**WORK ITEM:**
Where the records below reach the line containing "error = pos 0", start transcribing, and end with the line containing "if self ==ℤ error", exactly and with nothing else added.

**RECORDS PROVIDED:**
BEGIN

-- ===== src/Error.antt =====
-- The error codes, their classification (src/zk/error.hpp) and the exceptions that they become
-- (src/zk/error.cpp).
pub mod Code
pub mod Exn
pub mod Kinds
pub mod Classes
pub mod Result
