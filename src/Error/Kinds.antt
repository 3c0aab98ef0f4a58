-- ===== src/Error/Kinds.antt =====
-- The classification of the error codes (src/zk/error.hpp).
use zookeeper_cpp.Base.{Bool, ◌||◌, ◌==ℤ◌}
use zookeeper_cpp.Error.Code
use zookeeper_cpp.Error.Code.{ErrorCode}

unfoldable pub is_transport_error : ErrorCode → Bool
is_transport_error code = code ==ℤ Code.connection_loss || code ==ℤ Code.marshalling_error

unfoldable pub is_invalid_arguments : ErrorCode → Bool
is_invalid_arguments code = code ==ℤ Code.invalid_arguments || code ==ℤ Code.authentication_failed

unfoldable pub is_invalid_ensemble_state : ErrorCode → Bool
is_invalid_ensemble_state code =
    code ==ℤ Code.new_configuration_no_quorum
    || code ==ℤ Code.reconfiguration_disabled
    || code ==ℤ Code.reconfiguration_in_progress

unfoldable pub is_invalid_connection_state : ErrorCode → Bool
is_invalid_connection_state code =
    code ==ℤ Code.closed
    || code ==ℤ Code.ephemeral_on_local_session
    || code ==ℤ Code.not_authorized
    || code ==ℤ Code.read_only_connection
    || code ==ℤ Code.session_expired

unfoldable pub is_check_failed : ErrorCode → Bool
is_check_failed code =
    code ==ℤ Code.no_children_for_ephemerals
    || code ==ℤ Code.no_entry
    || code ==ℤ Code.entry_exists
    || code ==ℤ Code.not_empty
    || code ==ℤ Code.transaction_failed
    || code ==ℤ Code.version_mismatch
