-- ===== src/Error/Classes.antt =====
-- What `throw_error` throws for a code: its code, and its class against the tests of the header.
use zookeeper_cpp.Base.{some, ◌≡◌, arith}
use zookeeper_cpp.Error.Code.{ErrorCode}
use zookeeper_cpp.Error.Exn.{
  transport_error, invalid_arguments, invalid_ensemble_state, invalid_connection_state,
  check_failed, catches, exn_code, throw_error,
}
use zookeeper_cpp.Error.Kinds.{
  is_transport_error, is_invalid_arguments, is_invalid_ensemble_state, is_invalid_connection_state,
  is_check_failed,
}

-- The exception thrown for a code carries that code, for listed and unlisted codes alike.
throw_error-code : (c : ErrorCode) → exn_code (throw_error c) ≡ some c
unfolding throw_error exn_code
throw_error-code c = ground arith

-- For every code, the five tests of the header hold exactly when a handler of the matching abstract
-- exception class takes what `throw_error` throws.
pub throw_error-classes :
    (c : ErrorCode)
    → (catches transport_error (throw_error c) ≡ is_transport_error c)
      × (catches invalid_arguments (throw_error c) ≡ is_invalid_arguments c)
      × (catches invalid_ensemble_state (throw_error c) ≡ is_invalid_ensemble_state c)
      × (catches invalid_connection_state (throw_error c) ≡ is_invalid_connection_state c)
      × (catches check_failed (throw_error c) ≡ is_check_failed c)
unfolding throw_error catches is_transport_error is_invalid_arguments is_invalid_ensemble_state
    is_invalid_connection_state is_check_failed
throw_error-classes c = (ground arith, ground arith, ground arith, ground arith, ground arith)
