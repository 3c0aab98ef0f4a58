-- ===== src/Examples.antt =====
-- The theorems at concrete inputs of the code in src/zk.
pub mod Sessions
pub mod Commits
pub mod Configurations
pub mod Connections
pub mod Lists
pub mod Processes
pub mod Ensembles
pub mod Clients
pub mod Races
pub mod Workers
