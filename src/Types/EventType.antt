-- ===== src/Types/EventType.antt =====
-- `event_type` (src/zk/types.hpp, src/zk/types.cpp). Any `int` may be cast to the enumeration, so a value
-- is an integer.
use zookeeper_cpp.Base.{ℤ, pos, neg, ◌++◌, ◌==ℤ◌, if◌then◌else◌, Bytes, codes, show_ℤ}

abbrev pub EventType : Type 0
EventType = ℤ

abbrev pub error : EventType
error = pos 0

abbrev pub created : EventType
created = pos 1

abbrev pub erased : EventType
erased = pos 2

abbrev pub changed : EventType
changed = pos 3

abbrev pub child : EventType
child = pos 4

abbrev pub session : EventType
session = neg 1

abbrev pub not_watching : EventType
not_watching = neg 2

-- `operator<<`; `to_string` is the same text.
unfoldable pub to_string : EventType → Bytes
to_string self =
    if self ==ℤ error
    then codes "error"
    else if self ==ℤ created
    then codes "created"
    else if self ==ℤ erased
    then codes "erased"
    else if self ==ℤ changed
    then codes "changed"
    else if self ==ℤ child
    then codes "child"
    else if self ==ℤ session
    then codes "session"
    else if self ==ℤ not_watching
    then codes "not_watching"
    else codes "event_type(" ++ show_ℤ self ++ codes ")"
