-- ===== src/Types/State.antt =====
-- `state` (src/zk/types.hpp, src/zk/types.cpp). Any `int` may be cast to the enumeration, so a value is
-- an integer.
use zookeeper_cpp.Base.{ℤ, pos, neg, ◌++◌, ◌==ℤ◌, if◌then◌else◌, Bytes, codes, show_ℤ}

abbrev pub State : Type 0
State = ℤ

abbrev pub closed : State
closed = pos 0

abbrev pub connecting : State
connecting = pos 1

abbrev pub connected : State
connected = pos 3

abbrev pub read_only : State
read_only = pos 5

abbrev pub expired_session : State
expired_session = neg 112

abbrev pub authentication_failed : State
authentication_failed = neg 113

-- `operator<<`; `to_string` is the same text.
unfoldable pub to_string : State → Bytes
to_string self =
    if self ==ℤ closed
    then codes "closed"
    else if self ==ℤ connecting
    then codes "connecting"
    else if self ==ℤ connected
    then codes "connected"
    else if self ==ℤ read_only
    then codes "read_only"
    else if self ==ℤ expired_session
    then codes "expired_session"
    else if self ==ℤ authentication_failed
    then codes "authentication_failed"
    else codes "state(" ++ show_ℤ self ++ codes ")"
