-- ===== src/Types/Version.antt =====
-- `basic_version` and its three kinds (src/zk/types.hpp, src/zk/types.cpp): a 32-bit signed number.
use zookeeper_cpp.Base.{ℤ, neg, ◌++◌, ◌==ℤ◌, if◌then◌else◌, Bytes, codes, show_ℤ}

pub record Version : Type 0 where
  pub value : ℤ

abbrev pub invalid : Version
invalid = record { value = neg 42 }

abbrev pub any : Version
any = record { value = neg 1 }

-- `operator<<` of `version`, `acl_version` and `child_version`, which differ in the word in front.
print_version : Bytes → Version → Bytes
print_version name self =
    name
    ++ codes "("
    ++ (if self.value ==ℤ any.value
        then codes "any"
        else if self.value ==ℤ invalid.value
        then codes "invalid"
        else show_ℤ self.value)
    ++ codes ")"

unfoldable pub to_string : Version → Bytes
unfolding print_version
to_string = print_version (codes "version")

unfoldable pub acl_to_string : Version → Bytes
unfolding print_version
acl_to_string = print_version (codes "acl_version")

unfoldable pub child_to_string : Version → Bytes
unfolding print_version
child_to_string = print_version (codes "child_version")
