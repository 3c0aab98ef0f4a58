-- ===== src/Types/Stat.antt =====
-- `stat` (src/zk/types.hpp, src/zk/types.cpp). A time is its milliseconds since the epoch.
use zookeeper_cpp.Base.{ℕ, ℤ, Bool, ◌++◌, ◌==◌, if◌then◌else◌, Bytes, codes, decimal, show_ℤ}
use zookeeper_cpp.Types.Version.{Version}

pub record Stat : Type 0 where
  pub create_transaction : ℕ
  pub modified_transaction : ℕ
  pub child_modified_transaction : ℕ
  pub create_time : ℤ
  pub modified_time : ℤ
  pub data_version : Version
  pub child_version : Version
  pub acl_version : Version
  pub ephemeral_owner : ℕ
  pub data_size : ℕ
  pub children_count : ℕ

-- `stat::is_ephemeral`.
unfoldable pub is_ephemeral : Stat → Bool
is_ephemeral self = self.ephemeral_owner == 0

-- `operator<<`; `to_string` is the same text.
unfoldable pub to_string : Stat → Bytes
unfolding is_ephemeral
to_string self =
    codes "{data_version="
    ++ show_ℤ self.data_version.value
    ++ codes " child_version="
    ++ show_ℤ self.child_version.value
    ++ codes " acl_version="
    ++ show_ℤ self.acl_version.value
    ++ codes " data_size="
    ++ decimal self.data_size
    ++ codes " children_count="
    ++ decimal self.children_count
    ++ codes " ephemeral="
    ++ (if is_ephemeral self then codes "true" else codes "false")
    ++ codes "}"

END

**ANSWER SECTION:**
error = pos 0

abbrev pub created : EventType
created = pos 1

abbrev pub erased : EventType
erased = pos 2

abbrev pub changed : EventType
changed = pos 3

abbrev pub child : EventType
child = pos 4

abbrev pub session : EventType
session = neg 1

abbrev pub not_watching : EventType
not_watching = neg 2

-- `operator<<`; `to_string` is the same text.
unfoldable pub to_string : EventType → Bytes
to_string self =
    if self ==ℤ error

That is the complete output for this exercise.